We have heard, sir, from the honorable Managers who have addressed you, many harsh expressions. I hope, sir, they will do no harm. We have been told of the respondent’s unholy sins, which even the heavenly expectation of sincere repentance cannot wash away; we have been told of his volumes of guilt, every page of which calls loudly for punishment. This sort of language but pursues the same spirit of asperity and reproach which was begun in the replication to our answer. But we come here, sir, not to complain of any thing; we come expecting to bear and to forbear much. It does, indeed, seem to me, that the replication filed by the honorable Managers on behalf of the House of Representatives and of all the people, carries with it more acrimony than either the occasion or their dignity demanded. It may be said that they have resorted for it to English precedent, and framed it from the replication filed in the celebrated case of Warren Hastings. There is, however, no similarity between that case and ours. Precedents might have been found more mild in their character, and more adapted to the circumstances of our case.
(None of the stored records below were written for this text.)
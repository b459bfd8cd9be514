-- ===== src/Snapshots/Seal/Apart.antt =====
-- The log and the manifest of a directory are different files.
use browser_visit_logger.Base.{
  [], ◌∷◌, text_eq, true, false, none, some, Option, Text, ℕ, ◌==◌, ◌++◌, ◌≡◌, Bool, refl, ◌∙◌,
  arith, if◌then◌else◌, ap, sym, append_assoc,
}
use browser_visit_logger.Base.Dict.{get, pop, Dict, put, get-put}
use browser_visit_logger.Paths.{path_join}
use browser_visit_logger.Names.{log_filename_for}
use browser_visit_logger.Snapshots.Manifest.{manifest_filename, chmod, append_to}
use browser_visit_logger.Files.{Files, Node, file, dir}
use browser_visit_logger.Base.Strings.{codes}
use browser_visit_logger.Snapshots.Seal.{move_file}

-- The last character of a text.
last_code : Text → ℕ
last_code [] = 0
last_code (c ∷ []) = c
last_code (c ∷ d ∷ s) = last_code (d ∷ s)

last_code-append : (s t : Text) (c : ℕ) → last_code (s ++ (c ∷ t)) ≡ last_code (c ∷ t)
unfolding last_code
last_code-append [] t c = refl
last_code-append (d ∷ []) t c = refl
last_code-append (d ∷ e ∷ s) t c = last_code-append (e ∷ s) t c

last_code-path_join : (a t : Text) (c : ℕ) → last_code (path_join a (c ∷ t)) ≡ last_code (c ∷ t)
unfolding path_join last_code
last_code-path_join a t c = one _ _
  where
    one :
        (x y : Bool)
        → last_code (if x then c ∷ t else if y then a ++ (c ∷ t) else a ++ (b'/' ∷ c ∷ t))
          ≡ last_code (c ∷ t)
    one true y = refl
    one false true = last_code-append a t c
    one false false = last_code-append a (c ∷ t) b'/'

last_code-log : (a date : Text) → last_code (path_join a (log_filename_for date)) ≡ b'g'
unfolding last_code
last_code-log a date =
    last_code-path_join a (codes "rowser-visits-" ++ (date ++ codes ".log")) b'b'
    ∙ ap last_code (sym (append_assoc (codes "browser-visits-") date (codes ".log")))
    ∙ last_code-append (codes "browser-visits-" ++ date) (codes "log") b'.'

last_code-manifest : (a : Text) → last_code (path_join a manifest_filename) ≡ b'v'
unfolding last_code
last_code-manifest a = last_code-path_join a _ _ ∙ refl

-- A log is never the manifest.
pub log_ne_manifest :
    (a b date : Text)
    → (path_join a (log_filename_for date) == path_join b manifest_filename) ≡ false
log_ne_manifest a b date =
    elim (text_eq.dec (path_join a (log_filename_for date)) (path_join b manifest_filename)) [
      | yes same ↦
          absurd (omega (arith, last_code-log a date, last_code-manifest b, ap last_code same))
      | no other ↦ ground arith
    ]

pub get-pop_other {ℓ} :
    {V : Type ℓ} (j k : Text) (d : Dict V) → (k == j) ≡ false → get j (pop k d) ≡ get j d
unfolding get pop
get-pop_other j k [] h = refl
get-pop_other j k ((i, w) ∷ d) h = ground (arith, get-pop_other j k d)

pub get-put_other {ℓ} :
    {V : Type ℓ} (j k : Text) (v : V) (d : Dict V) → (k == j) ≡ false → get j (put k v d) ≡ get j d
get-put_other j k v d h = get-put j k v d ∙ rw h refl

pub get-chmod_other :
    (j k : Text) (bits : ℕ) (fs : Files) → (k == j) ≡ false → get j (chmod k bits fs) ≡ get j fs
get-chmod_other j k bits fs h = one (get k fs)
  where
    one :
        (o : Option Node)
        → get j (elim o [
          | none ↦ fs
          | some node ↦ elim node [ file content mode ↦ put k (file content bits) fs | dir ↦ fs ]
        ])
          ≡ get j fs
    one none = refl
    one (some (file content mode)) = get-put_other j k (file content bits) fs h
    one (some dir) = refl

pub get-append_to_other :
    (j k text : Text) (fs : Files) → (k == j) ≡ false → get j (append_to k text fs) ≡ get j fs
get-append_to_other j k text fs h = one (get k fs)
  where
    one :
        (o : Option Node)
        → get j (elim o [
          | none ↦ put k (file text 0o644) fs
          | some node ↦ elim node [
            | file content mode ↦ put k (file (content ++ text) mode) fs
            | dir ↦ fs
          ]
        ])
          ≡ get j fs
    one none = get-put_other j k (file text 0o644) fs h
    one (some (file content mode)) = get-put_other j k (file (content ++ text) mode) fs h
    one (some dir) = refl

pub get-move_file_other :
    (j src dst : Text) (fs : Files)
    → (src == j) ≡ false
    → (dst == j) ≡ false
    → get j (move_file src dst fs) ≡ get j fs
get-move_file_other j src dst fs h k = one (get src fs)
  where
    one :
        (o : Option Node)
        → get j (elim o [ none ↦ fs | some node ↦ put dst node (pop src fs) ]) ≡ get j fs
    one none = refl
    one (some node) = get-put_other j dst node (pop src fs) k ∙ get-pop_other j src fs h
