-- ===== src/Snapshots/Seal/Closed.antt =====
-- A property of operations that the parts of sealing a directory have, sealing has.
use browser_visit_logger.Base.{
  List, [], ◌∷◌, text_eq, true, false, none, some, Option, Text, Bool, if◌then◌else◌, ◌≡◌, ℕ,
  length, refl, ◌==◌,
}
use browser_visit_logger.Base.Dict.{get, pop, put}
use browser_visit_logger.Base.Strings.{codes}
use browser_visit_logger.Database.{Db, Snapshot}
use browser_visit_logger.Files.{Files, Node, path_exists}
use browser_visit_logger.Names.{is_snapshot_name, log_filename_for}
use browser_visit_logger.Paths.{path_join}
use browser_visit_logger.Snapshots.Effects.{
  Env, Io, World, ◌>>◌, ◌>>=◌, handle, handle_sql, pure, Exn, sql_read, sql_write, commit, os_read,
  os_write,
}
use browser_visit_logger.Snapshots.Errors.{
  try_record_error, try_clear_error, clear_error, record_error, delete_keys,
  reconcile_dir_scoped_errors,
}
use browser_visit_logger.Snapshots.Manifest.{
  Info, chmod, append_to, manifest_filename, write_manifest_file, lookup_event, sort_files,
  SortedFiles, build_manifest_rows, write_lines,
}
use browser_visit_logger.Snapshots.Seal.{
  move_log_into_sealed_dir, mark_if_dated, move_log_if_dated, move_file, seal_directory, seal_steps,
  mark_sealed,
}
use browser_visit_logger.Snapshots.Seal.Apart.{
  get-move_file_other, get-chmod_other, get-put_other, get-pop_other, get-append_to_other,
}

-- The path is not the protected one, where there is one.
abbrev pub IsApart : Option Text → Text → Type 0
IsApart none path = Unit
IsApart (some m) path = (path == m) ≡ false

-- The change of the files leaves the protected path alone.
abbrev pub Spares : Option Text → (Files → Files) → Type 0
Spares none g = Unit
Spares (some m) g = (fs : Files) → get m (g fs) ≡ get m fs

-- Rules by which a property of operations passes to all that sealing a directory is made of, where
-- a statement leaves what is seen of `snapshots` alone, and a write the protected path.
pub record Closed {B : Type 0} (env : Env) (view : List Snapshot → B) (o : Option Text)
    (C : (A : Type 0) → Io A → Type 0) : Type 1 where
  pub returns : {A : Type 0} (a : A) → C A (pure a)
  pub binds :
      {A D : Type 0} (m : Io A) (k : A → Io D) → C A m → ((a : A) → C D (k a)) → C D (m >>= k)
  pub looks : {A : Type 0} (m : World → Io A) → ((v : World) → C A (m v)) → C A (λ w. m w w)
  pub handles :
      (h : Exn → Io (Unit {0})) (m : Io (Unit {0}))
      → ((e : Exn) → C (Unit {0}) (h e))
      → C (Unit {0}) m
      → C (Unit {0}) (λ w. handle h (m w))
  pub handles_sql :
      (m : Io (Unit {0})) → C (Unit {0}) m → C (Unit {0}) (λ w. handle_sql (λ _. pure tt) (m w))
  pub reads : {A : Type 0} (g : Files → A) → C A (os_read env g)
  pub writes : (g : Files → Files) → Spares o g → C (Unit {0}) (os_write env g)
  pub queries : {A : Type 0} (g : Db → A) → C A (sql_read env g)
  pub statements :
      (g : Db → Db)
      → ((db : Db) → view (g db).snapshots ≡ view db.snapshots)
      → C (Unit {0}) (sql_write env g)
  pub commits : C (Unit {0}) (commit env)

Spares-pop : (o : Option Text) (p : Text) → IsApart o p → Spares o (pop p)
Spares-pop none p h = tt
Spares-pop (some m) p h = λ fs. get-pop_other m p fs h

Spares-put : (o : Option Text) (p : Text) (node : Node) → IsApart o p → Spares o (put p node)
Spares-put none p node h = tt
Spares-put (some m) p node h = λ fs. get-put_other m p node fs h

Spares-append_to : (o : Option Text) (p text : Text) → IsApart o p → Spares o (append_to p text)
Spares-append_to none p text h = tt
Spares-append_to (some m) p text h = λ fs. get-append_to_other m p text fs h

Spares-chmod : (o : Option Text) (p : Text) (bits : ℕ) → IsApart o p → Spares o (chmod p bits)
Spares-chmod none p bits h = tt
Spares-chmod (some m) p bits h = λ fs. get-chmod_other m p bits fs h

Spares-move_file :
    (o : Option Text) (src dst : Text)
    → IsApart o src
    → IsApart o dst
    → Spares o (move_file src dst)
Spares-move_file none src dst h k = tt
Spares-move_file (some m) src dst h k = λ fs. get-move_file_other m src dst fs h k

-- The mark of the day is not seen.
abbrev pub Unseen : {B : Type 0} → (List Snapshot → B) → Option Text → Type 0
Unseen view none = Unit
Unseen view (some date) = (rows : List Snapshot) → view (mark_sealed date rows) ≡ view rows

-- The view that sees nothing.
abbrev pub unseen : List Snapshot → Unit {0}
unseen rows = tt

pub Unseen-unseen : (date : Option Text) → Unseen unseen date
Unseen-unseen none = tt
Unseen-unseen (some date) = λ rows. refl

module _ {B : Type 0} (env : Env) (view : List Snapshot → B) (o : Option Text)
    (C : (A : Type 0) → Io A → Type 0) (q : Closed env view o C) where
  Closed-if : {A : Type 0} (b : Bool) (m n : Io A) → C A m → C A n → C A (if b then m else n)
  Closed-if true m n hm hn = hm
  Closed-if false m n hm hn = hn

  -- A statement on another table, or on the row of another day, with its commit.
  pub Closed-committed :
      (g : Db → Db)
      → ((db : Db) → view (g db).snapshots ≡ view db.snapshots)
      → C (Unit {0}) (do sql_write env g; commit env)
  Closed-committed g same = q.binds _ _ (q.statements g same) (λ _. q.commits)

  pub Closed-try_record_error :
      (op target : Text) (e : Exn) → C (Unit {0}) (try_record_error env op target e)
  unfolding try_record_error record_error
  Closed-try_record_error op target e =
      q.handles_sql _ (q.looks _ (λ v. Closed-committed _ (λ db. refl)))

  Closed-try_clear_error : (op target : Text) → C (Unit {0}) (try_clear_error env op target)
  unfolding try_clear_error clear_error
  Closed-try_clear_error op target = q.handles_sql _ (Closed-committed _ (λ db. refl))

  Closed-delete_keys : (keys : List Text) → C (Unit {0}) (delete_keys env keys)
  unfolding delete_keys
  Closed-delete_keys [] = q.returns tt
  Closed-delete_keys (key ∷ keys) =
      q.binds _ _ (q.statements _ (λ db. refl)) (λ _. Closed-delete_keys keys)

  Closed-reconcile :
      (op dir_path : Text) (strays : List Text)
      → C (Unit {0}) (reconcile_dir_scoped_errors env op dir_path strays)
  unfolding reconcile_dir_scoped_errors
  Closed-reconcile op dir_path strays =
      q.handles_sql _
        (q.binds _ _ (q.queries _) (λ prior. q.binds _ _ (Closed-delete_keys _) (λ _. q.commits)))

  Closed-lookup_event :
      (filename directory : Text) → C (Option Info) (lookup_event env filename directory)
  unfolding lookup_event
  Closed-lookup_event filename directory =
      q.binds _ _ (q.queries _) (elim [ none ↦ q.queries _ | some info ↦ q.returns (some info) ])

  Closed-sort_files :
      (date_subdir : Text) (files : List Text) (acc : SortedFiles)
      → C SortedFiles (sort_files env date_subdir files acc)
  unfolding sort_files
  Closed-sort_files date_subdir [] acc = q.returns acc
  Closed-sort_files date_subdir (f ∷ files) acc =
      Closed-if (is_snapshot_name f) _ _
        (q.binds _ _ (Closed-lookup_event f date_subdir) (elim [
          | none ↦
              q.binds _ _ (Closed-try_record_error _ _ _)
                (λ _. Closed-sort_files date_subdir files _)
          | some info ↦ Closed-sort_files date_subdir files _
        ]))
        (q.binds _ _ (Closed-try_record_error _ _ _) (λ _. Closed-sort_files date_subdir files _))

  Closed-build_manifest_rows :
      (date_subdir : Text) → C (List (List Text)) (build_manifest_rows env date_subdir)
  unfolding build_manifest_rows
  Closed-build_manifest_rows date_subdir = q.binds _ _ (q.reads _) (λ files.
      q.binds _ _ (Closed-sort_files date_subdir files _) (λ acc.
        q.binds _ _ (Closed-reconcile _ _ _)
          (λ _. q.binds _ _ (Closed-reconcile _ _ _) (λ _. q.returns acc.rows))))

  Closed-write_lines :
      (path : Text) (rows : List (List Text))
      → IsApart o path
      → C (Unit {0}) (write_lines env path rows)
  unfolding write_lines
  Closed-write_lines path [] h = q.returns tt
  Closed-write_lines path (line ∷ rows) h =
      q.binds _ _ (q.writes _ (Spares-append_to o path _ h)) (λ _. Closed-write_lines path rows h)

  pub Closed-write_manifest_file :
      (date_subdir : Text)
      → IsApart o (path_join date_subdir manifest_filename)
      → C ℕ (write_manifest_file env date_subdir)
  unfolding write_manifest_file
  Closed-write_manifest_file date_subdir h = q.looks _ (λ v.
      q.binds _ _
        (Closed-if (path_exists _ v.fs) _ _ (q.writes _ (Spares-pop o _ h)) (q.returns tt))
        (λ _. q.binds _ _ (Closed-build_manifest_rows date_subdir) (λ rows.
          q.binds _ _ (q.writes _ (Spares-put o _ _ h)) (λ _.
            q.binds _ _ (Closed-write_lines _ _ h) (λ _.
              q.binds _ _ (q.writes _ (Spares-chmod o _ _ h)) (λ _. q.returns (length rows)))))))

  -- No log is the protected file.
  module _ (logs : (a date : Text) → IsApart o (path_join a (log_filename_for date))) where
    Closed-move_log :
        (date_subdir date : Text) → C (Unit {0}) (move_log_into_sealed_dir env date_subdir date)
    unfolding move_log_into_sealed_dir
    Closed-move_log date_subdir date = q.looks _ (λ v.
        Closed-if (path_exists _ v.fs) _ _
          (q.binds _ _
            (q.writes _ (Spares-move_file o _ _ (logs env.log_dir date) (logs date_subdir date)))
            (λ _. q.writes _ (Spares-chmod o _ _ (logs date_subdir date))))
          (q.returns tt))

    Closed-move_log_if_dated :
        (date_subdir : Text) (date : Option Text)
        → C (Unit {0}) (move_log_if_dated env date_subdir date)
    unfolding move_log_if_dated
    Closed-move_log_if_dated date_subdir none = q.returns tt
    Closed-move_log_if_dated date_subdir (some date) = Closed-move_log date_subdir date

    Closed-mark_if_dated :
        (date : Option Text) → Unseen view date → C (Unit {0}) (mark_if_dated env date)
    unfolding mark_if_dated
    Closed-mark_if_dated none unseen = q.returns tt
    Closed-mark_if_dated (some date) unseen = Closed-committed _ (λ db. unseen db.snapshots)

    -- What follows the manifest in `seal_steps`.
    pub Closed-rest :
        (date_subdir : Text) (date : Option Text)
        → Unseen view date
        → C (Unit {0}) (do
          move_log_if_dated env date_subdir date
          mark_if_dated env date
          try_clear_error env (codes "seal") date_subdir)
    Closed-rest date_subdir date unseen =
        q.binds _ _ (Closed-move_log_if_dated date_subdir date)
          (λ _. q.binds _ _ (Closed-mark_if_dated date unseen) (λ _. Closed-try_clear_error _ _))

    pub Closed-seal_steps :
        (date_subdir : Text) (date : Option Text)
        → IsApart o (path_join date_subdir manifest_filename)
        → Unseen view date
        → C (Unit {0}) (seal_steps env date_subdir date)
    unfolding seal_steps
    Closed-seal_steps date_subdir date h unseen =
        q.binds _ _ (Closed-write_manifest_file date_subdir h)
          (λ n. Closed-rest date_subdir date unseen)

    pub Closed-seal_directory :
        (date_subdir : Text) (date : Option Text)
        → IsApart o (path_join date_subdir manifest_filename)
        → Unseen view date
        → C (Unit {0}) (seal_directory env date_subdir false date)
    unfolding seal_directory
    Closed-seal_directory date_subdir date h unseen =
        q.handles _ _ (λ e. Closed-try_record_error (codes "seal") date_subdir e)
          (Closed-seal_steps date_subdir date h unseen)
The impeachment of Hastings was not instituted on a petty catalogue of frivolous occurrences, more calculated to excite ridicule than apprehension, but for the alleged murder of princes and plunder of empires. If, however, the choice of this case as a precedent for our pleadings, has exposed us to some unpleasant expressions, it also furnishes to us abundance of consolation and hope. There, the most splendid talents that ever adorned the British nation, were strained to their utmost exertion to crush the devoted victim of malignant persecution. But in vain; the stern integrity, the enlightened perception, the immovable justice of his judges, stood as a barrier between him and destruction, and safely protected him from the fury of the storm. So, I trust in God, it will be with us.
In England, the impeachment of a judge is a rare occurrence. I recollect but two in half a century. But, in our country, boasting of its superior purity and virtue, and declaiming ever against the vice, venality, and corruption of the Old World, seven judges have been prosecuted criminally in about two years. A melancholy proof either of extreme and unequalled corruption in our Judiciary, or of strange and persecuting times amongst us.
The first proper object of our inquiries in this case is, to ascertain with proper precision what acts or offences of a public officer are the objects of impeachment. This question meets us at the very threshold of the case. If it shall appear that the charges exhibited in these articles of impeachment are not, even if true, the constitutional subjects of impeachment; if it shall turn out on the investigation that the judge has really fallen into error, mistake, or indiscretion, yet if he stands acquitted in proof of any such acts as by the law of the land are impeachable offences, he stands entitled to discharge on his trial. This proceeding by impeachment is a mode of trial created and defined by the constitution of our country; and by this the Court is exclusively bound. To the constitution, then, we must exclusively look to discover what is or is not impeachable. We shall there find the whole proceeding distinctly marked out; and every thing designated and properly distributed necessary in the construction of a court of criminal jurisdiction. We shall find, 1. Who shall originate or present an impeachment. 2. Whoshall try it. 3. For what offences it may be used. 4. What is the punishment on conviction. The first of these points is provided for in the second section of the first article of the constitution, where it is declared that “the House of Representatives shall have the sole power of impeachment.” This power corresponds with that of a grand jury to find a presentment or indictment. In the third section of the same article, the Court is provided before whom the impeachment thus originated shall be tried: “The Senate shall have the sole power to try all impeachments.” And the fourth section of the second article points out and describes the offences intended to be impeachable, and the punishment which is to follow conviction; subject to a limitation in the third section of the first article.